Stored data
+ + + + + + +
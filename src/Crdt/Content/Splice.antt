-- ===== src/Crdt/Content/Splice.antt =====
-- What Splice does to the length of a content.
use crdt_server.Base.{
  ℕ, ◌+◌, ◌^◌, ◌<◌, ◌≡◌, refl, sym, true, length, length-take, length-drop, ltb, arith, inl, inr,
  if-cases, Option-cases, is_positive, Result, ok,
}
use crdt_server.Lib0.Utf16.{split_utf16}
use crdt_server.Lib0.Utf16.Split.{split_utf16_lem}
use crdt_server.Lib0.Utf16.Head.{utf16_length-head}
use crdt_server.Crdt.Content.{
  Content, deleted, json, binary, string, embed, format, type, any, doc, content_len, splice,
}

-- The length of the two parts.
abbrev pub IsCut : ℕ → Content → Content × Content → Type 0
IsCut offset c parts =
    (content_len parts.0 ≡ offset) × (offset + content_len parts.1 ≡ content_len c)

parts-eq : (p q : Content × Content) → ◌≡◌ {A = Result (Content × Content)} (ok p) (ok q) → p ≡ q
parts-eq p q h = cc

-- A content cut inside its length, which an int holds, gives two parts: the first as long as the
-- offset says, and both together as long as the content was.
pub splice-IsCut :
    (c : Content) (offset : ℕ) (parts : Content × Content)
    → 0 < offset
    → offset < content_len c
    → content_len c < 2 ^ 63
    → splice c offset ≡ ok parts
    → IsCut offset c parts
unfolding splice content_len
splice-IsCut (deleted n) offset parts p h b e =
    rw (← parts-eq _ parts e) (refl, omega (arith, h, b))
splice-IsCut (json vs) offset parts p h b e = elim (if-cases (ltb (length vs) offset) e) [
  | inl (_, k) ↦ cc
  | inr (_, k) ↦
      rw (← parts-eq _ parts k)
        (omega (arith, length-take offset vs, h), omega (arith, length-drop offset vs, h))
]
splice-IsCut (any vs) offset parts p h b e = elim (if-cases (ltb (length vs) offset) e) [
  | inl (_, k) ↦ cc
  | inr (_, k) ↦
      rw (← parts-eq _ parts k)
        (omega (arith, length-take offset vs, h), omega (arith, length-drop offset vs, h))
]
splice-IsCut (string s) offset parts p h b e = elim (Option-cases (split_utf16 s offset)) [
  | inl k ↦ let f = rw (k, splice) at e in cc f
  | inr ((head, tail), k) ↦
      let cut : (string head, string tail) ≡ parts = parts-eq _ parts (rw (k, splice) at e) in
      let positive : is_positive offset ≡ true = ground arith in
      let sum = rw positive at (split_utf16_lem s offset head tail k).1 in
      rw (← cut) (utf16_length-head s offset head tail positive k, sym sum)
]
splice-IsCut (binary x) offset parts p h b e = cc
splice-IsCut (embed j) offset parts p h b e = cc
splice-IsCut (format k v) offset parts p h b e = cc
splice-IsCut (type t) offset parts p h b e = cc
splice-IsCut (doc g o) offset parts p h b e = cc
+ + + + + + +
# Exercise goal
All entries are to be reproduced verbatim, with none omitted.

# Exercise response
filename src/Crdt/Content/Splice.antt
-- ===== src/Crdt/Content/Splice.antt =====
-- What Splice does to the length of a content.
use crdt_server.Base.{
  ℕ, ◌+◌, ◌^◌, ◌<◌, ◌≡◌, refl, sym, true, length, length-take, length-drop, ltb, arith, inl, inr,
  if-cases, Option-cases, is_positive, Result, ok,
}
use crdt_server.Lib0.Utf16.{split_utf16}
use crdt_server.Lib0.Utf16.Split.{split_utf16_lem}
use crdt_server.Lib0.Utf16.Head.{utf16_length-head}
use crdt_server.Crdt.Content.{
  Content, deleted, json, binary, string, embed, format, type, any, doc, content_len, splice,
}

-- The length of the two parts.
abbrev pub IsCut : ℕ → Content → Content × Content → Type 0
IsCut offset c parts =
    (content_len parts.0 ≡ offset) × (offset + content_len parts.1 ≡ content_len c)

parts-eq : (p q : Content × Content) → ◌≡◌ {A = Result (Content × Content)} (ok p) (ok q) → p ≡ q
parts-eq p q h = cc

-- A content cut inside its length, which an int holds, gives two parts: the first as long as the
-- offset says, and both together as long as the content was.
pub splice-IsCut :
    (c : Content) (offset : ℕ) (parts : Content × Content)
    → 0 < offset
    → offset < content_len c
    → content_len c < 2 ^ 63
    → splice c offset ≡ ok parts
    → IsCut offset c parts
unfolding splice content_len
splice-IsCut (deleted n) offset parts p h b e =
    rw (← parts-eq _ parts e) (refl, omega (arith, h, b))
splice-IsCut (json vs) offset parts p h b e = elim (if-cases (ltb (length vs) offset) e) [
  | inl (_, k) ↦ cc
  | inr (_, k) ↦
      rw (← parts-eq _ parts k)
        (omega (arith, length-take offset vs, h), omega (arith, length-drop offset vs, h))
]
splice-IsCut (any vs) offset parts p h b e = elim (if-cases (ltb (length vs) offset) e) [
  | inl (_, k) ↦ cc
  | inr (_, k) ↦
      rw (← parts-eq _ parts k)
        (omega (arith, length-take offset vs, h), omega (arith, length-drop offset vs, h))
]
splice-IsCut (string s) offset parts p h b e = elim (Option-cases (split_utf16 s offset)) [
  | inl k ↦ let f = rw (k, splice) at e in cc f
  | inr ((head, tail), k) ↦
      let cut : (string head, string tail) ≡ parts = parts-eq _ parts (rw (k, splice) at e) in
      let positive : is_positive offset ≡ true = ground arith in
      let sum = rw positive at (split_utf16_lem s offset head tail k).1 in
      rw (← cut) (utf16_length-head s offset head tail positive k, sym sum)
]
splice-IsCut (binary x) offset parts p h b e = cc
splice-IsCut (embed j) offset parts p h b e = cc
splice-IsCut (format k v) offset parts p h b e = cc
splice-IsCut (type t) offset parts p h b e = cc
splice-IsCut (doc g o) offset parts p h b e = cc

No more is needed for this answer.